### [Problem requirements]
Every line of the material is to be set down exactly as written.

### [Data section]

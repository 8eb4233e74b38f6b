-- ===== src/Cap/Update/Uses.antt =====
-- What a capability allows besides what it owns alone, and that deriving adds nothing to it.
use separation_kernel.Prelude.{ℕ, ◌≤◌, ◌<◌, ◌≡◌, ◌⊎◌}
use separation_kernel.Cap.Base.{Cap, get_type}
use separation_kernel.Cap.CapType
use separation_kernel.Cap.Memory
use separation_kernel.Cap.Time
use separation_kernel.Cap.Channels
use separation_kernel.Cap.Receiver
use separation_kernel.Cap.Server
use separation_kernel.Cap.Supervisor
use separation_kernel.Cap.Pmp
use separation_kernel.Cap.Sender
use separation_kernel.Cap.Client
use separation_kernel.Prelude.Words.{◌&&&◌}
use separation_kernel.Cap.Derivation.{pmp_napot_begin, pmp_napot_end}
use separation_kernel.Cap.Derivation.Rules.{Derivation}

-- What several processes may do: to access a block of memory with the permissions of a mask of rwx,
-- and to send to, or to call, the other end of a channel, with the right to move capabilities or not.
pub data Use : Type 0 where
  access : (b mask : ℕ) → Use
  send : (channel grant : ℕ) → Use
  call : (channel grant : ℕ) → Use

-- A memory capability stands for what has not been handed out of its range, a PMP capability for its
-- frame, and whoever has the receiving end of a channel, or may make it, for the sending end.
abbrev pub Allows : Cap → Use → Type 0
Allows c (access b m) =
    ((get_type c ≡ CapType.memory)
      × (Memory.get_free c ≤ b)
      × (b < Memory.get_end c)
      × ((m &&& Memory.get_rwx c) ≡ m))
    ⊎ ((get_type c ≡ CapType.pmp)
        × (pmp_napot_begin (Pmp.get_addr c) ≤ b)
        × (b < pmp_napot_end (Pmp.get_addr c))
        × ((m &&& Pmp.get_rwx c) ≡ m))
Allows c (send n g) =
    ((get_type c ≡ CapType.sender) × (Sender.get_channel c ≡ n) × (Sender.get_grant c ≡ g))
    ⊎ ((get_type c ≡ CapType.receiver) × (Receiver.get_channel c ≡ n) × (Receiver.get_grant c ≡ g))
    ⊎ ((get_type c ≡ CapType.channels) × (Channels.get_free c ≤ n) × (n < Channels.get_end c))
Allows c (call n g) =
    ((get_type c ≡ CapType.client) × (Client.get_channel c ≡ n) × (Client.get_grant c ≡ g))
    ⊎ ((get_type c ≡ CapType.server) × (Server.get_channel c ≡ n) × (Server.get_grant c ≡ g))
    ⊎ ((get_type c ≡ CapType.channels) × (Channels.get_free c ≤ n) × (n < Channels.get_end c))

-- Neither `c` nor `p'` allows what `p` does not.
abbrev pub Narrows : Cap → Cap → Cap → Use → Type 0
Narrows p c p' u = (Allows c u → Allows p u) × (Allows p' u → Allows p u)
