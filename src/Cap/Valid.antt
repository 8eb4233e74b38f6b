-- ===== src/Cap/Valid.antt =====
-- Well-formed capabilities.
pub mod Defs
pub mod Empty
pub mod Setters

### [Solution to this exercise]
repository 8eb4233e74b38f6b
-- ===== src/Cap/Update/Uses.antt =====
-- What a capability allows besides what it owns alone, and that deriving adds nothing to it.
use separation_kernel.Prelude.{ℕ, ◌≤◌, ◌<◌, ◌≡◌, ◌⊎◌}
use separation_kernel.Cap.Base.{Cap, get_type}
use separation_kernel.Cap.CapType
use separation_kernel.Cap.Memory
use separation_kernel.Cap.Time
use separation_kernel.Cap.Channels
use separation_kernel.Cap.Receiver
use separation_kernel.Cap.Server
use separation_kernel.Cap.Supervisor
use separation_kernel.Cap.Pmp
use separation_kernel.Cap.Sender
use separation_kernel.Cap.Client
use separation_kernel.Prelude.Words.{◌&&&◌}
use separation_kernel.Cap.Derivation.{pmp_napot_begin, pmp_napot_end}
use separation_kernel.Cap.Derivation.Rules.{Derivation}

-- What several processes may do: to access a block of memory with the permissions of a mask of rwx,
-- and to send to, or to call, the other end of a channel, with the right to move capabilities or not.
pub data Use : Type 0 where
  access : (b mask : ℕ) → Use
  send : (channel grant : ℕ) → Use
  call : (channel grant : ℕ) → Use

-- A memory capability stands for what has not been handed out of its range, a PMP capability for its
-- frame, and whoever has the receiving end of a channel, or may make it, for the sending end.
abbrev pub Allows : Cap → Use → Type 0
Allows c (access b m) =
    ((get_type c ≡ CapType.memory)
      × (Memory.get_free c ≤ b)
      × (b < Memory.get_end c)
      × ((m &&& Memory.get_rwx c) ≡ m))
    ⊎ ((get_type c ≡ CapType.pmp)
        × (pmp_napot_begin (Pmp.get_addr c) ≤ b)
        × (b < pmp_napot_end (Pmp.get_addr c))
        × ((m &&& Pmp.get_rwx c) ≡ m))
Allows c (send n g) =
    ((get_type c ≡ CapType.sender) × (Sender.get_channel c ≡ n) × (Sender.get_grant c ≡ g))
    ⊎ ((get_type c ≡ CapType.receiver) × (Receiver.get_channel c ≡ n) × (Receiver.get_grant c ≡ g))
    ⊎ ((get_type c ≡ CapType.channels) × (Channels.get_free c ≤ n) × (n < Channels.get_end c))
Allows c (call n g) =
    ((get_type c ≡ CapType.client) × (Client.get_channel c ≡ n) × (Client.get_grant c ≡ g))
    ⊎ ((get_type c ≡ CapType.server) × (Server.get_channel c ≡ n) × (Server.get_grant c ≡ g))
    ⊎ ((get_type c ≡ CapType.channels) × (Channels.get_free c ≤ n) × (n < Channels.get_end c))

-- Neither `c` nor `p'` allows what `p` does not.
abbrev pub Narrows : Cap → Cap → Cap → Use → Type 0
Narrows p c p' u = (Allows c u → Allows p u) × (Allows p' u → Allows p u)
filename src/Cap/Valid.antt
repository 8eb4233e74b38f6b
-- ===== src/Cap/Valid.antt =====
-- Well-formed capabilities.
pub mod Defs
pub mod Empty
pub mod Setters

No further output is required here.